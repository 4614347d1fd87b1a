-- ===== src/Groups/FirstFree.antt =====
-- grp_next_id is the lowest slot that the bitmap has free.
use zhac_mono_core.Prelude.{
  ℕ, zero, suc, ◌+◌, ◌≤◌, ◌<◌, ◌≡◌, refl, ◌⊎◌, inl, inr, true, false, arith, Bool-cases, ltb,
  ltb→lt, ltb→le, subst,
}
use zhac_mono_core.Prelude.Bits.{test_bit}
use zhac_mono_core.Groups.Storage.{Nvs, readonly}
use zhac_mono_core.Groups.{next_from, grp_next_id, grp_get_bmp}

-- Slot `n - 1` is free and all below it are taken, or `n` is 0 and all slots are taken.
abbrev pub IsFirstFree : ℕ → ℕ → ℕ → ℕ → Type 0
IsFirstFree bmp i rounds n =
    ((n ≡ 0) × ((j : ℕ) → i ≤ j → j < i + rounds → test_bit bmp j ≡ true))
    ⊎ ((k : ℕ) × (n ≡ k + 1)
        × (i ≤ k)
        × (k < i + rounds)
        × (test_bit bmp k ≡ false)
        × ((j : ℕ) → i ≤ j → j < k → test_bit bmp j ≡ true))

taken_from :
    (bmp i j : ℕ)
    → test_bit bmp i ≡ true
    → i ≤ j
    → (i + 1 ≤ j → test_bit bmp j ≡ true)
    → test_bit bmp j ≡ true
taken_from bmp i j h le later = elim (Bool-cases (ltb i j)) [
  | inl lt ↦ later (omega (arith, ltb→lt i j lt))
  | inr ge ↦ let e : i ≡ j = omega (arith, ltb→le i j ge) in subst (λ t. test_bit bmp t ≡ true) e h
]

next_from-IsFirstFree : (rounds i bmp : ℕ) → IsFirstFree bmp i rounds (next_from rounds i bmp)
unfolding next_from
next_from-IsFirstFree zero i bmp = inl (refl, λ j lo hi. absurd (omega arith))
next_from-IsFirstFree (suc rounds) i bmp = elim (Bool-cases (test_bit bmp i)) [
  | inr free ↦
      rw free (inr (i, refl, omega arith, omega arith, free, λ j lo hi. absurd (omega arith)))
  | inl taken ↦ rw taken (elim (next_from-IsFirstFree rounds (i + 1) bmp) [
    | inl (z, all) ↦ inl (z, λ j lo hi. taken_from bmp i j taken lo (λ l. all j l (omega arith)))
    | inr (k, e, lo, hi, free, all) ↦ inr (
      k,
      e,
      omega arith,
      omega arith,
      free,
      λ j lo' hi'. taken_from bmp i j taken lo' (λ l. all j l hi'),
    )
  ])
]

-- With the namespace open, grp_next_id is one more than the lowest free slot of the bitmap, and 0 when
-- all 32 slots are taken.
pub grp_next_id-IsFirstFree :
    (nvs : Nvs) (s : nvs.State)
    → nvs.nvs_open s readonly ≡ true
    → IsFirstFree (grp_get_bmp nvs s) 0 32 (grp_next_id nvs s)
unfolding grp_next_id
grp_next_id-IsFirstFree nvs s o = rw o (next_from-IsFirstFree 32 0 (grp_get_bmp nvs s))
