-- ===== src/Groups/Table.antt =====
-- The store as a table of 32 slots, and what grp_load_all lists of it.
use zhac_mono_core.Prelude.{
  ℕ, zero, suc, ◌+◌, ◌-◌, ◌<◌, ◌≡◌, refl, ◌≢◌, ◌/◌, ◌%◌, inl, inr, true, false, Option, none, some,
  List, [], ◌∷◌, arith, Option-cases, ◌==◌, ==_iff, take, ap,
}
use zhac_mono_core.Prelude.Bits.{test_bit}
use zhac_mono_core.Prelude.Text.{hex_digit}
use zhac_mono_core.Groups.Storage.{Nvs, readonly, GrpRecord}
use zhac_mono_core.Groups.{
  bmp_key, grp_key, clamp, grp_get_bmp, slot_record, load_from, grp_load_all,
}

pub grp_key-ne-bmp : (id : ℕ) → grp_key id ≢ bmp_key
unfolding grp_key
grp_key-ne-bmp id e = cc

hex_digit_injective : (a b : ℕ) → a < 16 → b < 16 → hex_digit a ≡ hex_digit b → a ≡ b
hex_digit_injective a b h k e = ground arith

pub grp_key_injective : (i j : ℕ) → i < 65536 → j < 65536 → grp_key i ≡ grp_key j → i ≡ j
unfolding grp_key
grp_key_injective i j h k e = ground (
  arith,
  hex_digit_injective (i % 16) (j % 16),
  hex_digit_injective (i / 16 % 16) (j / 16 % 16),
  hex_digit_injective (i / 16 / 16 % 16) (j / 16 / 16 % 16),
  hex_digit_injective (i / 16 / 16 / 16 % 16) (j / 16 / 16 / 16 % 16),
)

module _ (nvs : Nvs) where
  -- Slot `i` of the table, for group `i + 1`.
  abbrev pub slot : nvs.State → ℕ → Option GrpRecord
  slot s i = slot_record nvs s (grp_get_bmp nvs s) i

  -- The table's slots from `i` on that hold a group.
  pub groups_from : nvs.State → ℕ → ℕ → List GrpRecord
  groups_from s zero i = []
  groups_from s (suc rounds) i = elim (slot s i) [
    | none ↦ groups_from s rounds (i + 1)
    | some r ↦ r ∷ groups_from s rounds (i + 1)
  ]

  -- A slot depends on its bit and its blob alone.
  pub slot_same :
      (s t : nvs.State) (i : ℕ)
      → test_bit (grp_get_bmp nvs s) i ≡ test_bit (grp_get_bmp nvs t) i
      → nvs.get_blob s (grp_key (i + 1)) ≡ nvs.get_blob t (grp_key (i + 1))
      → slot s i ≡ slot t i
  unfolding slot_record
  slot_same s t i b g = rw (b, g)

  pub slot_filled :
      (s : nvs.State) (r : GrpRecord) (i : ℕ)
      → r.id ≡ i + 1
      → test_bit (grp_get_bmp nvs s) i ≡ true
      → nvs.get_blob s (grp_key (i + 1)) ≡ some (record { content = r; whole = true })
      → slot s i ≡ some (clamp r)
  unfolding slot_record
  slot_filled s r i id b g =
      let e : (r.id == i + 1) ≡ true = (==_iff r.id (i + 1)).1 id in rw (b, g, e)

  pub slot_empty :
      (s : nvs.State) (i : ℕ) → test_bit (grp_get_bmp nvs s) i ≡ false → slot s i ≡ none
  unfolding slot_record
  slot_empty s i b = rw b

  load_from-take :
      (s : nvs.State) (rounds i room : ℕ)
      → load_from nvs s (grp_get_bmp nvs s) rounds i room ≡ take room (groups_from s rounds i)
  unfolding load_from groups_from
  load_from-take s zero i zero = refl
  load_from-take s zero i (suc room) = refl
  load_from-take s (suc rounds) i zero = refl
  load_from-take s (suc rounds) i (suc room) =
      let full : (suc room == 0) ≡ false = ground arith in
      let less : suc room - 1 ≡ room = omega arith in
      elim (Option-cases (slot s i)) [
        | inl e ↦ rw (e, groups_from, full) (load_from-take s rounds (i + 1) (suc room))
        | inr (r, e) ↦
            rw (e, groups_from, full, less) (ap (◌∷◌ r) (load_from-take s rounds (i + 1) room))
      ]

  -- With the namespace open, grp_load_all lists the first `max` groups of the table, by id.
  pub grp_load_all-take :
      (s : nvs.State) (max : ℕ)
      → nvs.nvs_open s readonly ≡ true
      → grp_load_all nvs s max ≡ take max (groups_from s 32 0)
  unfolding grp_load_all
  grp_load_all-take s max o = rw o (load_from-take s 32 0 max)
-*-
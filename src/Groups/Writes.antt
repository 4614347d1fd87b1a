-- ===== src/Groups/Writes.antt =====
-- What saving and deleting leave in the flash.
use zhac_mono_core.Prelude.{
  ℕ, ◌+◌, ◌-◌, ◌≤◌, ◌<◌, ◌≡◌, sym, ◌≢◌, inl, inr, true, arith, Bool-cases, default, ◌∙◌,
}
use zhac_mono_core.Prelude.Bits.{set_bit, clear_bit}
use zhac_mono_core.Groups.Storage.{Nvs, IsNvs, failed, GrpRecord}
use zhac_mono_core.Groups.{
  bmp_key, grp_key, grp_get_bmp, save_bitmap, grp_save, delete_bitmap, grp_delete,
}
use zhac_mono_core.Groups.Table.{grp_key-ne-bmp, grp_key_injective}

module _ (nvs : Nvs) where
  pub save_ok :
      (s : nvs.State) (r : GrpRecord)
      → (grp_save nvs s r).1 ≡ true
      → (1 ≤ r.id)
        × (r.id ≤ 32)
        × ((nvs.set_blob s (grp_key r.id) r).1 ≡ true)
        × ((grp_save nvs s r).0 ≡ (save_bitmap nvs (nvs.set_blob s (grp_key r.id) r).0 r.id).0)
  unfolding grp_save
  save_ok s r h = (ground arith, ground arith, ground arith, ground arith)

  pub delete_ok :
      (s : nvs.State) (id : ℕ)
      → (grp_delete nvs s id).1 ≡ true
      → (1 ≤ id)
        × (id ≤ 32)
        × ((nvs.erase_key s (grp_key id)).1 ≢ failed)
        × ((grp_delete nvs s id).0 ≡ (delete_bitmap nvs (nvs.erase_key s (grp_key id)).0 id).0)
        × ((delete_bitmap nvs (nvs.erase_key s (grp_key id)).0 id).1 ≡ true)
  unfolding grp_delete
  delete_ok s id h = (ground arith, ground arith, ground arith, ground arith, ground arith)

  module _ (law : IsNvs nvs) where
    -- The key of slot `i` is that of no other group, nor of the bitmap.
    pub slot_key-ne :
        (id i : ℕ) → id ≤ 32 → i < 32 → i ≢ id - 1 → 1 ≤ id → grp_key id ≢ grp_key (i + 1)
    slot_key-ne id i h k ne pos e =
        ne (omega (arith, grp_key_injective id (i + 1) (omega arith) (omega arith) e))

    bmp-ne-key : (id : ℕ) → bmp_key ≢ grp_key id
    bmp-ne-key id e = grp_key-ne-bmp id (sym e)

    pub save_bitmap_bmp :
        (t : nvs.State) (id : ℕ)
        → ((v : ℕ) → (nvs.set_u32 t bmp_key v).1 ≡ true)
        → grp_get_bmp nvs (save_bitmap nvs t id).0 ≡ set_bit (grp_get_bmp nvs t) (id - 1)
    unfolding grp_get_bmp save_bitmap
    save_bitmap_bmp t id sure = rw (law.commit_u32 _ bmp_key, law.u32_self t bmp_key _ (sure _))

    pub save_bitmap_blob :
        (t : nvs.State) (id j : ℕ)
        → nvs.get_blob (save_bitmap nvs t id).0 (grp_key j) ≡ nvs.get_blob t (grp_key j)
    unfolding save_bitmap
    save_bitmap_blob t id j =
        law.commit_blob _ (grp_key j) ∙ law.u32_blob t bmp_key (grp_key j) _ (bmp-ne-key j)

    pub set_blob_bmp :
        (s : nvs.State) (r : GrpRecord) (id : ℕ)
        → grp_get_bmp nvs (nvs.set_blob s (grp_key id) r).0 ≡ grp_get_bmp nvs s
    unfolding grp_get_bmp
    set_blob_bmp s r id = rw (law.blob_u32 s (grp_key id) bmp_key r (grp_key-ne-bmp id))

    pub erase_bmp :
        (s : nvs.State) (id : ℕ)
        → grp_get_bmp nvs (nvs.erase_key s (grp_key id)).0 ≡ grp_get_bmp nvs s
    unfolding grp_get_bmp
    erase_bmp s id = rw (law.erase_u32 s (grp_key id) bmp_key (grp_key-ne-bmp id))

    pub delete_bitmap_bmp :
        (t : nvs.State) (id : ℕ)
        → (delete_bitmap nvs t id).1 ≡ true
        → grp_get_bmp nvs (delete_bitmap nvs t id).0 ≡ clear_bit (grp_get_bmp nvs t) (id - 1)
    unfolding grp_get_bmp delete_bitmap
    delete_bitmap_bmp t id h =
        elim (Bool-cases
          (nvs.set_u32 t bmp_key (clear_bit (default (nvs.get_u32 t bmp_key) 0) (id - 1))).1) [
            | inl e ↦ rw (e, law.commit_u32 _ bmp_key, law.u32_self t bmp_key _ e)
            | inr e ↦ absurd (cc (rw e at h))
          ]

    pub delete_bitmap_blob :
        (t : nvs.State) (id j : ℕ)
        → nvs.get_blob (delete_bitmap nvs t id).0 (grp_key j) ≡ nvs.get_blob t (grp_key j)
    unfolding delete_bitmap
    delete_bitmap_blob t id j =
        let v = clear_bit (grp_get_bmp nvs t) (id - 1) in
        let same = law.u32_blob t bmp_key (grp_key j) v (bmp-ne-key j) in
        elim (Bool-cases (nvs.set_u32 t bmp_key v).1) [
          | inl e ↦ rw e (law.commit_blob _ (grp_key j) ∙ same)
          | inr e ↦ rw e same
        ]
-*-
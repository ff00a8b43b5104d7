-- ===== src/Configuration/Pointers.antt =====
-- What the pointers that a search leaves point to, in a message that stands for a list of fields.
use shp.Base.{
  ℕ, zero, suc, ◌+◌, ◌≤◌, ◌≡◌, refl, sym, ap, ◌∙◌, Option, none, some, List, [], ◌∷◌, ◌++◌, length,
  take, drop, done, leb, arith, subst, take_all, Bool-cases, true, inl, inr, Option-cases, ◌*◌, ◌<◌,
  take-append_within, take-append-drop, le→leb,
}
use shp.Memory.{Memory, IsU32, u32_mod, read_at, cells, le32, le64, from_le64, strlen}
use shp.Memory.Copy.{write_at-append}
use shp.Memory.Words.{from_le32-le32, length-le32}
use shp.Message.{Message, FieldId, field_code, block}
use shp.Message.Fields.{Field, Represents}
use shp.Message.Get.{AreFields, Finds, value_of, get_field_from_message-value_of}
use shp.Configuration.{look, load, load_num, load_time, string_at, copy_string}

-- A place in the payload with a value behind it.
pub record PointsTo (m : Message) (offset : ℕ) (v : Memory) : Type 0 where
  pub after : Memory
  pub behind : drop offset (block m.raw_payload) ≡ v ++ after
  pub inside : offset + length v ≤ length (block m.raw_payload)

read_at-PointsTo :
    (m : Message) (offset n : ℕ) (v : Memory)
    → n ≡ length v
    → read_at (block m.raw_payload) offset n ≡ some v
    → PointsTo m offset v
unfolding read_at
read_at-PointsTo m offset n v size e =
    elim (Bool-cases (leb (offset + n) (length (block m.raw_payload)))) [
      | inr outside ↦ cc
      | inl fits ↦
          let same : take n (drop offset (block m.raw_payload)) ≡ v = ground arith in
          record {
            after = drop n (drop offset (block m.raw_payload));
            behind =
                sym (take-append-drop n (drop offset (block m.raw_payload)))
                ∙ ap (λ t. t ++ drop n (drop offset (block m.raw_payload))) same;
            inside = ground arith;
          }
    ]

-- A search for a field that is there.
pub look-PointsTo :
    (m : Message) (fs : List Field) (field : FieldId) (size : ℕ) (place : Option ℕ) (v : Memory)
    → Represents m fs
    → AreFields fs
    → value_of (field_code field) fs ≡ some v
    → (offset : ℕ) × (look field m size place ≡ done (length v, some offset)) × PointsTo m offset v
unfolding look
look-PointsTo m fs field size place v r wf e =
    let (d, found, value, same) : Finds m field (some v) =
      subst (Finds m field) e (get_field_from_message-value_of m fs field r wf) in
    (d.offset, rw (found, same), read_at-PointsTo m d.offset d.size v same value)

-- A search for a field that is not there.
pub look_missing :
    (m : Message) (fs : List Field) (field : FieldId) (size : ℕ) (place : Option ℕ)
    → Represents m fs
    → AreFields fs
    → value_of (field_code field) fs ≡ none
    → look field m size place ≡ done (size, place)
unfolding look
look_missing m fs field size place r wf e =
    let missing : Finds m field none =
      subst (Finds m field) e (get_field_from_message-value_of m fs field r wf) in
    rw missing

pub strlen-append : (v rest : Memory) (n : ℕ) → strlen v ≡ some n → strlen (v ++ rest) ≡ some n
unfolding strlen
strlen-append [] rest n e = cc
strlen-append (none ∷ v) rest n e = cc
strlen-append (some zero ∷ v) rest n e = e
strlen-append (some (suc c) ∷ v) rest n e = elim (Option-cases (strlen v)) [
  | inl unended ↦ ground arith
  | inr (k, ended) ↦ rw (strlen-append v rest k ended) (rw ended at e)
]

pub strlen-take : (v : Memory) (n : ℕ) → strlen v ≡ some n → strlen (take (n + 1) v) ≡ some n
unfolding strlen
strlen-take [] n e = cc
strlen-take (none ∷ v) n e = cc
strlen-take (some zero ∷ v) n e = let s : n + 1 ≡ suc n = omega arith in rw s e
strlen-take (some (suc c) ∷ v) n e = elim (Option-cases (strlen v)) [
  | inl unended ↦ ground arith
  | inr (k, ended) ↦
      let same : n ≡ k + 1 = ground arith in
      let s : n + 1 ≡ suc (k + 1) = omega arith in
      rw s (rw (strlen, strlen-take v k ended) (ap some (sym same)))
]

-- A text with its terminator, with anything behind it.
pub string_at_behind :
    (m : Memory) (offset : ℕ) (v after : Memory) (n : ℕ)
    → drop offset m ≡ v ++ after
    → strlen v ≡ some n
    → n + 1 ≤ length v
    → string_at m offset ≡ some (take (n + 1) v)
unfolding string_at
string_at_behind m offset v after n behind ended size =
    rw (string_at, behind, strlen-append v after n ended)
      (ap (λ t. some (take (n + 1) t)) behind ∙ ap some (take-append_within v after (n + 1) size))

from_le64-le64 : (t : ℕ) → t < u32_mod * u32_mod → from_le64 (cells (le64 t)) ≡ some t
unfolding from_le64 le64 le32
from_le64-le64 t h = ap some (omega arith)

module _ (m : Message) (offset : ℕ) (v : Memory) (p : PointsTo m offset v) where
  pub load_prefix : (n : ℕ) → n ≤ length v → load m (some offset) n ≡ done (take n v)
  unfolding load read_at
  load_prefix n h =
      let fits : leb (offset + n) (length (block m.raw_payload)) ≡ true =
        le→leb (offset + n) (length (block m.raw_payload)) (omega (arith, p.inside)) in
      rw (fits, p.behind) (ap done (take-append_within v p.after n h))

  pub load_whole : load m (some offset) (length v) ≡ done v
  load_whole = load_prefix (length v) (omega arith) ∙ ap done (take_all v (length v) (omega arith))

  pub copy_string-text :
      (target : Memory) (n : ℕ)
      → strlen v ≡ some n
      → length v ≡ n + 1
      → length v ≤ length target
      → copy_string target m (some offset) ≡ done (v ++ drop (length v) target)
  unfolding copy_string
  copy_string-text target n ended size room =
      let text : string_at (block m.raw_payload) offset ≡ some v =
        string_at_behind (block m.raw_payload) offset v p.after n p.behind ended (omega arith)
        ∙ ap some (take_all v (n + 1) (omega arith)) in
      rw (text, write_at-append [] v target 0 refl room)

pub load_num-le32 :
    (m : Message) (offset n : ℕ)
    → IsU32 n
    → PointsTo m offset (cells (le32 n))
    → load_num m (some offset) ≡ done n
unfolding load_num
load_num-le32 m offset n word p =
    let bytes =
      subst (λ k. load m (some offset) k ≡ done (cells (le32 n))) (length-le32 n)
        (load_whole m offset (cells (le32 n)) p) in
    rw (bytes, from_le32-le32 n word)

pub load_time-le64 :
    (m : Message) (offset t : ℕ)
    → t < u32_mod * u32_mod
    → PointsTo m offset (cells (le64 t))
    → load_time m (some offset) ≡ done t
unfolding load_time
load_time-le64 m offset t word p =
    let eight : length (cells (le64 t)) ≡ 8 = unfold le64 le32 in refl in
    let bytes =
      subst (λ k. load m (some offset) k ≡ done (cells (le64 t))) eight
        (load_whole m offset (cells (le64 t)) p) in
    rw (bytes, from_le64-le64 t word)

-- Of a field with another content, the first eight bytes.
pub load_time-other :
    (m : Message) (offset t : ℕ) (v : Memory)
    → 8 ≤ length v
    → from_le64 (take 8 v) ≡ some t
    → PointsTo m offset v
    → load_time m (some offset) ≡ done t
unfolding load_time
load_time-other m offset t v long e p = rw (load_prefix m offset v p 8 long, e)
-*-
- [Work instructions]
For this exercise, output exactly the lines above from the line with "field) fs ≡ none" to the line with "strlen-append (some zero ∷ v) rest n e = e", counting both, and leave out the rest.

- [Reply to the task]
    → value_of (field_code field) fs ≡ none
    → look field m size place ≡ done (size, place)
unfolding look
look_missing m fs field size place r wf e =
    let missing : Finds m field none =
      subst (Finds m field) e (get_field_from_message-value_of m fs field r wf) in
    rw missing

pub strlen-append : (v rest : Memory) (n : ℕ) → strlen v ≡ some n → strlen (v ++ rest) ≡ some n
unfolding strlen
strlen-append [] rest n e = cc
strlen-append (none ∷ v) rest n e = cc
strlen-append (some zero ∷ v) rest n e = e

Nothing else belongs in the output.